If things are thus, we should recommend to the Dominicans that they should exclaim as Job: “Naked I came from the womb of my mother (Spain), and naked will I return to her; the devil gave, the devil took away; blessed be the name of the Lord”!

Fr[aile] Jacinto.

Manila: Press of the Friends of the Country. [167]

Government in the Philippines had sunk so low that this could be deemed seditious.

Nevertheless, for some days thereafter the trap was not sprung upon the victims. Rizal with his sister went about the city, visiting old friends. More than once he called upon Governor-General Despujol and was rather astonished to find that his footing seemed to be secure upon the dark and slippery precincts of Malacañan. In his usual frank way he discussed with the governor-general the brand-new program of reforms, commending most of their features and hoping for the best, as was likewise his habit. Despujol, responding to all this, seemed equally ingenuous. No one would have suspected that while he stressed so much gracious hospitality he was but waiting for the most convenient season to strike to death the man before him. Rizal pleaded in behalf of his persecuted relatives. Despujol promised immunity for the father, but not for the brother or sisters. Afterward he was willing to concede even these favors. They discussed Rizal’s project of a settlement in North Borneo, and the governor-general applied his veto.
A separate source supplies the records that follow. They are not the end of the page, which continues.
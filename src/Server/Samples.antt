-- ===== src/Server/Samples.antt =====
-- A small organisation for the tests: one user, one application, one session.
use seleksi2_labpro.Prelude.{ℕ, String, [], ◌∷◌, none, some, ◌===◌}
use seleksi2_labpro.Schema.Accounts.{active}
use seleksi2_labpro.Schema.Sessions.{
  SsoSession, AuthorizationCode, AccessToken, MfaLoginChallenge, MfaLoginIntent, SessionStatus,
}
use seleksi2_labpro.Shared.Pattern.{codes}
use seleksi2_labpro.Server.Store.{ServerStore}
use seleksi2_labpro.Server.Runtime.{Runtime, Settings, Call, Delta}

-- Digests and decodings that leave their text as it is.
abbrev pub plain : Runtime
plain = record {
  sha256_hex = λ s. s;
  sha256_base64url = λ s. s;
  bytes_of_hex = codes;
  bytes_of_ascii = codes;
  text_of_base64 = λ s. "app:secret";
  verify_password = λ h p. h === p;
  decrypt = λ s u. some s;
  totp_validate = λ secret token at. some Delta.same;
  parse_url = λ s. none;
  with_code = λ uri code state. uri;
  trim = λ s. s;
  normalize = λ s. s;
  normalize_upper = λ s. s;
  to_iso = λ n. "2026-08-17T09:00:00.000Z";
}

abbrev pub settings : Settings
settings = record {
  access_token_ttl_seconds = 300;
  sso_session_ttl_seconds = 3600;
  authorization_code_ttl_seconds = 60;
  mfa_challenge_ttl_seconds = 300;
  mfa_challenge_max_attempts = 5;
}

abbrev pub call : ℕ → String → Call
call now token = record {
  now = now;
  fresh_token = token;
  fresh_id = token;
  ip_address = none;
  user_agent = none;
}

abbrev pub opaque : String
opaque = "ABCDEFGHIJKLMNOPQRSTUVWXYZabcdefghijklmnopq"

abbrev pub session : SsoSession
session = record {
  id = "session";
  user_id = "user";
  session_token_hash = "cookie";
  status = SessionStatus.active;
  created_at = 0;
  expires_at = 100000;
  last_activity_at = none;
  revoked_at = none;
  revoke_reason = none;
  ip_address = none;
  user_agent = none;
}

abbrev pub code : AuthorizationCode
code = record {
  id = "code";
  code_hash = "the-code";
  user_id = "user";
  application_id = "app";
  sso_session_id = "session";
  redirect_uri = "https://app/callback";
  code_challenge = opaque;
  expires_at = 60000;
  used_at = none;
}

abbrev pub token : AccessToken
token = record {
  id = "token";
  token_hash = opaque;
  user_id = "user";
  application_id = "app";
  sso_session_id = "session";
  scopes = some ("profile" ∷ []);
  status = SessionStatus.active;
  expires_at = 50000;
  revoked_at = none;
}

abbrev pub challenge : MfaLoginChallenge
challenge = record {
  id = "challenge";
  token_hash = "challenge-token";
  user_id = "user";
  intent = MfaLoginIntent.api;
  return_to = none;
  attempt_count = 0;
  expires_at = 60000;
  used_at = none;
}

abbrev pub organisation : ServerStore
organisation = record {
  users =
      record { id = "user"; name = "U"; email = "u@x"; password_hash = "pw"; status = active } ∷ [];
  groups = record { id = "group"; name = "staff"; description = none } ∷ [];
  user_groups = record { id = "m"; user_id = "user"; group_id = "group" } ∷ [];
  applications =
      record {
        id = "app";
        name = "App";
        client_id = "app";
        client_secret_hash = some "secret";
        status = active;
        launch_url = none;
        logout_notification_url = "https://app/logout";
      }
      ∷ [];
  redirect_uris =
      record { id = "r"; application_id = "app"; redirect_uri = "https://app/callback" } ∷ [];
  policies = record { id = "p"; application_id = "app"; group_id = "group" } ∷ [];
  sso_sessions = session ∷ [];
  authorization_codes = code ∷ [];
  access_tokens = token ∷ [];
  mfa_totps =
      record { user_id = "user"; secret = "s"; enabled_at = some 1; last_used_time_step = none }
      ∷ [];
  mfa_challenges = challenge ∷ [];
  recovery_codes = [];
  audit_logs = [];
  outbox_events = [];
}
For this he gave the expected reasons but never once the real one. He objected to taking people out of the colony but said nothing about the wrath of the friars if he should let their victims escape unhurt.

Rizal had long known well enough that the lack of unity among the Filipinos was chief reason why they were enslaved and to keep up this condition chief point in Spanish policy. “Divide and rule”—the good old formula of the exploiter in all ages. To combat this he proposed an organization that would bring together the most promising elements among his people; a plan for it he had with him when he landed. It included the full working constitution of a society to be called La Liga Filipina, or Philippine League, of which the objects were declared to be to better economic conditions, to spread education, to advance the Philippine youth, and to defend by legal means persons oppressed, wronged, or unjustly accused. He now called together his friends, [168] explained the purposes of the league, and began to enroll members.

The real nature and front-parlor origin of this association [169] were of a nature to occasion in these days only a mild surprise that anybody could object to it, as may be observed from the following precepts Rizal prepared for his fellow-members:

Don’t gamble. Don’t be a drunkard. Don’t break the laws. Don’t be cruel in any way. Don’t be a rabid partisan. Don’t be merely a fault-finding critic. Don’t put yourself in the way of humiliation. Don’t treat any one with haughtiness or contempt. Don’t condemn any man without first hearing his side. Don’t abandon the poor man that has right on his side. Don’t forget those that although worthy have come to want. Don’t fail those without means that show application and ability. Don’t associate with immoral persons or with persons of bad habits. Don’t overlook the value to your country of new machinery and industries. Don’t cease at any time to work for the prosperity and welfare of our native land.